Тут нужно пояснить, что многие афганцы в окрестных кишлаках научились немного по-русски, как и мы на их «таджик». Но это в основном, чтобы на базаре торговаться: «Чан пайса? Дига аст? Сат пинжо! Хуб! Ов аст?» (Сколько стоит? Еще есть? Сто пятьдесят! Хорошо! Вода есть?). А они нам: «Бери! Хороши! Спички давай. Ботинки есть, хэбэ есть?» Но как на фарси или таджике сказать: «Стой! Кто идет?», этого я, ей-богу, не знаю!
Тогда перевожу ему с русского на русский: «Стой! Мать твою! Куда прешь?»
Гляжу, дед мой остановился и давай башкой вертеть. Пытается понять, откуда ему кричат. Я руками замахал, чтобы он меня заметил, а сам думаю, надо ведь быть таким идиотом! Ведь если это какая-то провокация, как мне и подумалось, то умнее будет за стенкой затариться и смотреть оттуда через прорезь прицела на этого бабая, а я, как последний псих, чуть ли не прыгаю по вышке! Короче, первый кандидат на ранний дембель (ранним дембелем мы называли выбывших по ранению и сами понимаете почему еще). Но что я могу с собой поделать, если меня с детства учили, что стариков нужно уважать, а не пугать их выстрелами под ноги. А это был настоящий аксакал, с солидной белой бородой, хоть картину с него пиши «Старик Хаттабыч в горах Бадахшана».
Но ничего страшного не происходит, дед из складок одежды обреза не достает, гранатой не размахивает, а стоит посреди дороги и пытается меня разглядеть. А так как я уже чуть ли не на крышу вышки залез и не заметить меня может только слепой, наконец понимаю, что дед и есть слепой! Тьфу ты, прорва! И надо было с ним связываться! Что теперь делать? Часового на угловом посту, видимо, просто нет, так что помочь мне с дедом разбираться некому, нужно что-то придумывать самому. Как сказать на таджике «поворачивай оглобли», я не знаю, жестами объяснить не могу, спуститься с вышки, выйти на дорогу и отвести его за проволоку – не имею права, а шмолять по нему из автомата – рука не поднимется.
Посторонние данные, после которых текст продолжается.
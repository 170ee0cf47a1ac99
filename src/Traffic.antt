-- ===== src/Traffic.antt =====
-- The accounting of connections: which connections a refresh closes, and the outlet that a device
-- is shown with (internal/controlapi/connection_refresh.go, device_traffic.go).
pub mod Connections
pub mod Egress
pub mod Order
pub mod Primary
pub mod Closed
mod Tests
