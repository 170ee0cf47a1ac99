-- ===== src/Traffic/Connections.antt =====
-- matchingConnectionIDs, over the connections of one snapshot.
use opensurge_fnos.Base.{Bool, List, [], false, if◌then◌else◌, not, true, ◌&&◌, ◌||◌, ◌∷◌}
use opensurge_fnos.Device.Policy.{has}
use opensurge_fnos.Text.{Text, is_empty, text_eq, trim_space}

-- Of a connection, what the functions here read.
pub record Connection : Type 0 where
  pub id : Text
  pub chains : List Text

module _ (matches : Connection → Bool) where
  -- The loop, with the IDs seen so far.
  unfoldable pub matching_ids : List Text → List Connection → List Text
  unfolding has trim_space
  matching_ids seen [] = []
  matching_ids seen (c ∷ cs) =
      let id = trim_space c.id in
      let skipped = matching_ids seen cs in
      let taken = matching_ids (id ∷ seen) cs in
      if is_empty id || not (matches c)
      then skipped
      else if has id seen
      then skipped
      else id ∷ taken

  unfoldable pub matching_connection_ids : List Connection → List Text
  unfolding matching_ids
  matching_connection_ids cs = matching_ids [] cs

  -- The connection carries that ID and is one to close.
  unfoldable pub is_wanted : Text → Connection → Bool
  unfolding trim_space text_eq
  is_wanted id c = text_eq id (trim_space c.id) && matches c

  unfoldable pub any_wanted : Text → List Connection → Bool
  unfolding is_wanted
  any_wanted id [] = false
  any_wanted id (c ∷ cs) = is_wanted id c || any_wanted id cs

-- No text twice.
unfoldable pub distinct : List Text → Bool
unfolding has
distinct [] = true
distinct (t ∷ ts) = not (has t ts) && distinct ts
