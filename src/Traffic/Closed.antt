-- ===== src/Traffic/Closed.antt =====
-- The IDs that a refresh closes.
use opensurge_fnos.Base.{
  Bool, List, [], ap, arith, false, if_holds, not, refl, true, ◌&&◌, ◌||◌, ◌∙◌, ◌∷◌, ◌≡◌,
}
use opensurge_fnos.Device.Policy.{has}
use opensurge_fnos.Text.{Text, is_empty, text_eq, text_eq_refl, text_eq_sound, trim_space}
use opensurge_fnos.Traffic.Connections.{
  Connection, any_wanted, distinct, is_wanted, matching_connection_ids, matching_ids,
}

same_has : (s t : Text) (ts : List Text) → text_eq s t ≡ true → has s ts ≡ has t ts
same_has s t ts e = ap (λ x. has x ts) (text_eq_sound s t e)

unlike_empty : (s t : Text) → is_empty s ≡ false → is_empty t ≡ true → text_eq s t ≡ false
unfolding text_eq
unlike_empty [] t h g = absurd cc
unlike_empty (a ∷ s) [] h g = refl
unlike_empty (a ∷ s) (b ∷ t) h g = absurd cc

-- One connection, by its tests: `same` that it has the ID asked for, `listed` that this ID was
-- seen, and `rest` that a later connection is wanted for it.
skip_unwanted :
    (same matched listed rest : Bool)
    → (same && matched) ≡ false
    → (rest && not listed) ≡ (((same && matched) || rest) && not listed)
skip_unwanted same matched listed rest h = ground (arith, h)

skip_seen :
    (same matched listed rest : Bool)
    → (same ≡ true → listed ≡ true)
    → (rest && not listed) ≡ (((same && matched) || rest) && not listed)
skip_seen same matched listed rest h = ground (arith, h)

take_new :
    (same matched listed rest : Bool)
    → matched ≡ true
    → (same ≡ true → listed ≡ false)
    → (same || (rest && not (same || listed))) ≡ (((same && matched) || rest) && not listed)
take_new same matched listed rest m h = ground (arith, m, h)

module _ (matches : Connection → Bool) where
  has-matching_ids :
      (id : Text) (seen : List Text) (cs : List Connection)
      → is_empty id ≡ false
      → has id (matching_ids matches seen cs) ≡ (any_wanted matches id cs && not (has id seen))
  unfolding matching_ids any_wanted is_wanted has
  has-matching_ids id seen [] named = refl
  has-matching_ids id seen (c ∷ cs) named =
      let this = trim_space c.id in
      let same = text_eq id this in
      let rest = any_wanted matches id cs in
      let skipped = has-matching_ids id seen cs named in
      let taken = has-matching_ids id (this ∷ seen) cs named in
      if_holds (λ ids. has id ids ≡ (((same && matches c) || rest) && not (has id seen)))
        (is_empty this || not (matches c)) _ _
        (λ out.
          skipped
          ∙ skip_unwanted same (matches c) (has id seen) rest
              (unwanted same (matches c) (is_empty this) (unlike_empty id this named) out))
        (λ in_use.
          if_holds (λ ids. has id ids ≡ (((same && matches c) || rest) && not (has id seen)))
            (has this seen) _ _
            (λ known.
              skipped
              ∙ skip_seen same (matches c) (has id seen) rest
                  (λ e. same_has id this seen e ∙ known))
            (λ new.
              ap (λ b. same || b) taken
              ∙ take_new same (matches c) (has id seen) rest (ground (arith, in_use))
                  (λ e. same_has id this seen e ∙ new)))
    where
      unwanted :
          (same matched blank : Bool)
          → (blank ≡ true → same ≡ false)
          → (blank || not matched) ≡ true
          → (same && matched) ≡ false
      unwanted same matched blank h out = ground (arith, h, out)

  distinct-matching_ids :
      (seen : List Text) (cs : List Connection) → distinct (matching_ids matches seen cs) ≡ true
  unfolding matching_ids distinct has
  distinct-matching_ids seen [] = refl
  distinct-matching_ids seen (c ∷ cs) =
      let this = trim_space c.id in
      let skipped = distinct-matching_ids seen cs in
      let taken = distinct-matching_ids (this ∷ seen) cs in
      if_holds (λ ids. distinct ids ≡ true) (is_empty this || not (matches c)) _ _ (λ _. skipped)
        (λ in_use.
          if_holds (λ ids. distinct ids ≡ true) (has this seen) _ _ (λ _. skipped)
            (λ _. both (gone this (not_blank in_use)) taken))
    where
      not_blank :
          (is_empty (trim_space c.id) || not (matches c)) ≡ false
          → is_empty (trim_space c.id) ≡ false
      not_blank h = ground (arith, h)

      gone :
          (this : Text)
          → is_empty this ≡ false
          → has this (matching_ids matches (this ∷ seen) cs) ≡ false
      gone this named =
          has-matching_ids this (this ∷ seen) cs named ∙ ground (arith, text_eq_refl this)

      both : {a b : Bool} → a ≡ false → b ≡ true → (not a && b) ≡ true
      both h g = ground (arith, h, g)

  no_blank :
      (seen : List Text) (cs : List Connection) → has [] (matching_ids matches seen cs) ≡ false
  unfolding matching_ids has
  no_blank seen [] = refl
  no_blank seen (c ∷ cs) =
      let this = trim_space c.id in
      let skipped = no_blank seen cs in
      let taken = no_blank (this ∷ seen) cs in
      if_holds (λ ids. has [] ids ≡ false) (is_empty this || not (matches c)) _ _ (λ _. skipped)
        (λ in_use.
          if_holds (λ ids. has [] ids ≡ false) (has this seen) _ _ (λ _. skipped)
            (λ _. neither (named this (ground (arith, in_use))) taken))
    where
      named : (this : Text) → is_empty this ≡ false → text_eq [] this ≡ false
      named [] h = absurd cc
      named (a ∷ t) h = unfold text_eq in refl

      neither : {a b : Bool} → a ≡ false → b ≡ false → (a || b) ≡ false
      neither h g = ground (arith, h, g)

  -- The IDs that are closed are distinct, and a text is one of them just if it is the trimmed ID,
  -- not empty, of a connection that matches.
  pub closed_ids :
      (cs : List Connection)
      → (distinct (matching_connection_ids matches cs) ≡ true)
        × ((id : Text)
            → has id (matching_connection_ids matches cs)
              ≡ (not (is_empty id) && any_wanted matches id cs))
  unfolding matching_connection_ids has
  closed_ids cs = (distinct-matching_ids [] cs, by_id)
    where
      always : (b : Bool) → (b && not false) ≡ (true && b)
      always true = refl
      always false = refl

      by_id :
          (id : Text)
          → has id (matching_ids matches [] cs) ≡ (not (is_empty id) && any_wanted matches id cs)
      by_id [] = no_blank [] cs
      by_id (a ∷ t) = has-matching_ids (a ∷ t) [] cs refl ∙ always (any_wanted matches (a ∷ t) cs)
Напрягаю мозги из последних сил, вспоминаю таджикские слова и понимаю, что прекрасно знаю выражение «инжо био», что значит «иди сюда». Но вот какое из слов означает «иди», а какое «сюда» – понятия не имею! Тем более, не представляю, как сказать «иди отсюда»… Может, как в том анекдоте:
– Как по-татарски: «иди сюда»?
– Киль манда.
– А «иди отсюда»?
– От манды киль!
Взвесил я эти «инжо био», решил, что прямой порядок слов, и кричу ему:
– Инжо отсюда нах!
Ё мое! Дед головой закивал, заулыбался и двинул прямо ко мне! И траектория его пролегает аккурат поперек окопа Второй роты. Вдобавок ко всему, этот слепой чувствует себя настолько уверенно, что идет на мой голос очень быстро, даже не пробуя дорогу своей палкой! И как прикажете его останавливать?
– Стой, бача! Назад! Сто-оо-ой…
Машинально, не думая о том, что бабай меня не может видеть, размахиваю автоматом, указывая стволом, куда нужно идти.
Он продолжает улыбаться, делает руками какие-то успокаивающие жесты, вроде просит меня, мол, погоди, подойдем поближе… и все это напоминает фрагмент из «Белого солнца пустыни», где Сухов орет Верещагину, стоящему на баркасе: «Павел Артемич, не заводи мотор! Взорвешься!» – а тот, улыбаясь в усы, сосредоточенно бормочет: «Погоди, Федор Иванович, сейчас подойдем поближе…» – и продолжает крутить штурвал. И фоном идет незабываемый мотив «Ваше благородие». А дальше – грохот и столб воды от взрыва.